The ratings are constrained by ICO's modest size, both in absolute terms and relative specifically to Tuboscope Vetco (currently unrated), ICO's principal competitor in the oil service sector; ICO's rapid growth by acquisitions, the number of acquisitions to assimilate, and 1996-vintage of its entry into the petrochemicals processing sector; and the fact that both of its businesses would be hurt by a global decline in hydrocarbon demand. ICO's brief experience on the petrochemicals side, and the fact that ICO will aggressively pursue consolidation in that sector, also constrain the rating. The ratings are further constrained by the historically highly cyclical oil service and petrochemicals sectors, with the former often severely impacting both unit demand and pricing, and the latter principally severely impacting pricing. The effective subordination of the notes to ICO's $25 million secured borrowing base availability and domestic subsidiaries' trade creditors, as well as to foreign subsidiaries' working capital and trade creditors, further constrains the rating.
Maintenance of the ratings rests on management's use of proceeds, specifically acquisitions within current business lines and reasonable acquisition multiples. Moody's will assess management's skill in delivering accretive growth through its acquisition strategy and to navigate its businesses through inevitable cycles. We note that one-time write-offs, merger costs, amortisation of goodwill, and high levels of acquisition-inflated depreciation slow ICO's progress in establishing GAAP earnings and ROA track records and accumulating positive retained earnings. Given the competition for growth capital, we believe these factors can potentially narrow a growing firm's access to capital during times of general financial market distress.
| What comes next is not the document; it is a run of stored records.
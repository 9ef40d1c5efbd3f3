-- ===== src/Simulation/Stress.antt =====
-- NtelSpoofKext/src/NtelSimulation.c: `test_stress_ring_multithread`, whose threads write and read the
-- ring at once. Each call of the ring is one step, since it runs under the mutex of the ring, and a
-- schedule is the sequence of the threads that take the steps.
pub mod Bytes
pub mod Traffic
pub mod Thread
pub mod Interleave
pub mod Whole
use n_igpu_macos.Common.{
  ℕ, zero, suc, ◌+◌, ◌%◌, ◌&&◌, Bool, true, false, not, Option, none, some, List, [], ◌∷◌,
  if◌then◌else◌, leb, ◌==◌, u32, Exec, done, ◌>>=◌,
}
use n_igpu_macos.SharedRing.{RingContext, ReadOutcome, try_write, try_read}
use n_igpu_macos.Simulation.{drain_ring}

-- `StressThreadArg`; the environment is the ring, which the threads share.
pub record StressThreadArg : Type 0 where
  pub thread_id : ℕ
  pub num_threads : ℕ
  pub iterations : ℕ
  pub writes_ok : ℕ
  pub reads_ok : ℕ
  pub data_errors : ℕ

-- A thread in its loop: the round `i`, and whether its write is behind it.
pub record Worker : Type 0 where
  pub arg : StressThreadArg
  pub i : ℕ
  pub has_written : Bool

-- The write of a round.
unfoldable pub write_step :
    StressThreadArg → Option RingContext → Exec (StressThreadArg × Option RingContext)
write_step sta ring = do
  (ring', wrote) ← try_write ring (some (sta.thread_id % 256 ∷ [])) 1
  done (if wrote then record sta { writes_ok = u32 (sta.writes_ok + 1) } else sta, ring')

-- `bytes_read == 1`, and the byte that was read.
abbrev pub is_one : Option ℕ → Bool
is_one none = false
is_one (some n) = n == 1

abbrev pub read_val : Option (List ℕ) → ℕ
read_val (some (x ∷ rest)) = x
read_val _ = 0

-- What a thread counts after a read.
unfoldable pub tally : StressThreadArg → ReadOutcome → StressThreadArg
tally sta outcome =
    if outcome.read
    then (let sta' = record sta { reads_ok = u32 (sta.reads_ok + 1) } in
        if is_one outcome.bytes_read && leb (sta.num_threads % 256) (read_val outcome.out_data)
        then record sta' { data_errors = u32 (sta'.data_errors + 1) }
        else sta')
    else sta

-- The read of a round.
unfoldable pub read_step :
    StressThreadArg → Option RingContext → Exec (StressThreadArg × Option RingContext)
unfolding tally
read_step sta ring = do
  outcome ← try_read ring (some (0 ∷ [])) 1 (some 0)
  done (tally sta outcome, outcome.ctx)

-- One call of the ring by `stress_ring_writer_reader`; a thread that is through its loop stays.
unfoldable pub worker_step : Worker → Option RingContext → Exec (Worker × Option RingContext)
unfolding write_step read_step
worker_step w ring = if leb w.arg.iterations w.i then done (w, ring) else elim w.has_written [
  | false ↦ do
    (sta, ring') ← write_step w.arg ring
    done (record w { arg = sta; has_written = true }, ring')
  | true ↦ do
    (sta, ring') ← read_step w.arg ring
    done (record { arg = sta; i = w.i + 1; has_written = false }, ring')
]

-- A step of thread `k`.
unfoldable pub step_at :
    (k : ℕ) → List Worker → Option RingContext → Exec (List Worker × Option RingContext)
unfolding worker_step
step_at k [] ring = done ([], ring)
step_at zero (w ∷ ws) ring = do (w', ring') ← worker_step w ring; done (w' ∷ ws, ring')
step_at (suc k) (w ∷ ws) ring = do (ws', ring') ← step_at k ws ring; done (w ∷ ws', ring')

unfoldable pub run_threads :
    (schedule : List ℕ) → List Worker → Option RingContext → Exec (List Worker × Option RingContext)
unfolding step_at
run_threads [] ws ring = done (ws, ring)
run_threads (k ∷ ks) ws ring = do (ws', ring') ← step_at k ws ring; run_threads ks ws' ring'

-- The threads from `i` on, before their loops.
unfoldable pub create_threads : (left i num_threads iters : ℕ) → List Worker
create_threads zero i num_threads iters = []
create_threads (suc left) i num_threads iters =
    record {
      arg = record {
        thread_id = i;
        num_threads = num_threads;
        iterations = iters;
        writes_ok = 0;
        reads_ok = 0;
        data_errors = 0;
      };
      i = 0;
      has_written = false;
    }
    ∷ create_threads left (i + 1) num_threads iters

-- The sum of a count over the threads.
unfoldable pub total : (StressThreadArg → ℕ) → List Worker → ℕ
total count [] = 0
total count (w ∷ ws) = u32 (count w.arg + total count ws)

-- `pthread_join` of all threads: whether they are through their loops.
unfoldable pub all_joined : List Worker → Bool
all_joined [] = true
all_joined (w ∷ ws) = leb w.arg.iterations w.i && all_joined ws

-- The rest of the test, once the threads have run; `none` is a schedule that leaves a thread in its
-- loop.
unfoldable pub settle :
    (fuel : ℕ) (drain : List ℕ) (drained failures : ℕ)
    → List Worker × Option RingContext
    → Exec (Option (Option RingContext × ℕ))
unfolding all_joined total
settle fuel drain drained failures (ws, ring) = if not (all_joined ws) then done none else do
  emptied ← drain_ring fuel ring (some drain) (some drained)
  elim emptied [
    | none ↦ done none
    | some ring' ↦ done (
        some
          (ring', if total (λ sta. sta.data_errors) ws == 0 then failures else u32 (failures + 1)))
  ]

-- On the ring of the environment and the count of failures. `drain` and `drained` are the local
-- variables of `drain_ring`.
unfoldable pub test_stress_ring_multithread :
    (fuel : ℕ) (drain : List ℕ) (drained : ℕ) (schedule : List ℕ) (num_threads : ℕ)
    → Option RingContext
    → (failures : ℕ) → Exec (Option (Option RingContext × ℕ))
unfolding run_threads create_threads settle
test_stress_ring_multithread fuel drain drained schedule num_threads ring failures = do
  emptied ← drain_ring fuel ring (some drain) (some drained)
  elim emptied [
    | none ↦ done none
    | some ring' ↦ do
      ran ← run_threads schedule (create_threads num_threads 0 num_threads 50000) ring'
      settle fuel drain drained failures ran
  ]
The ratings are further supported by ICO's strong domestic niche position in a duopoly segment of the oil services industry, management's skill in generating six consecutive years of revenue and EBITDA growth, and six years of widening margins resulting from consolidation and increasing scale economies. ICO believes it has the majority of the domestic sucker rod inspection market and 30% to 40% of the tubular goods inspection and coatings business. ICO reports long-standing customer relationships with the international oil majors, steel, and chemical companies, including Amoco, Shell, Mobil, Exxon, Phillips, Quantum Chemical, Borealis, and U.S.Steel and recently won quality awards from Exxon and Union Carbide. Having qualified to serve major oil companies, ICO believes such oil services relationships will assist in winning contracts with the petrochemicals arms of those same firms. ICO recently signed chemicals distribution contracts and/or alliances with Exxon and Borealis.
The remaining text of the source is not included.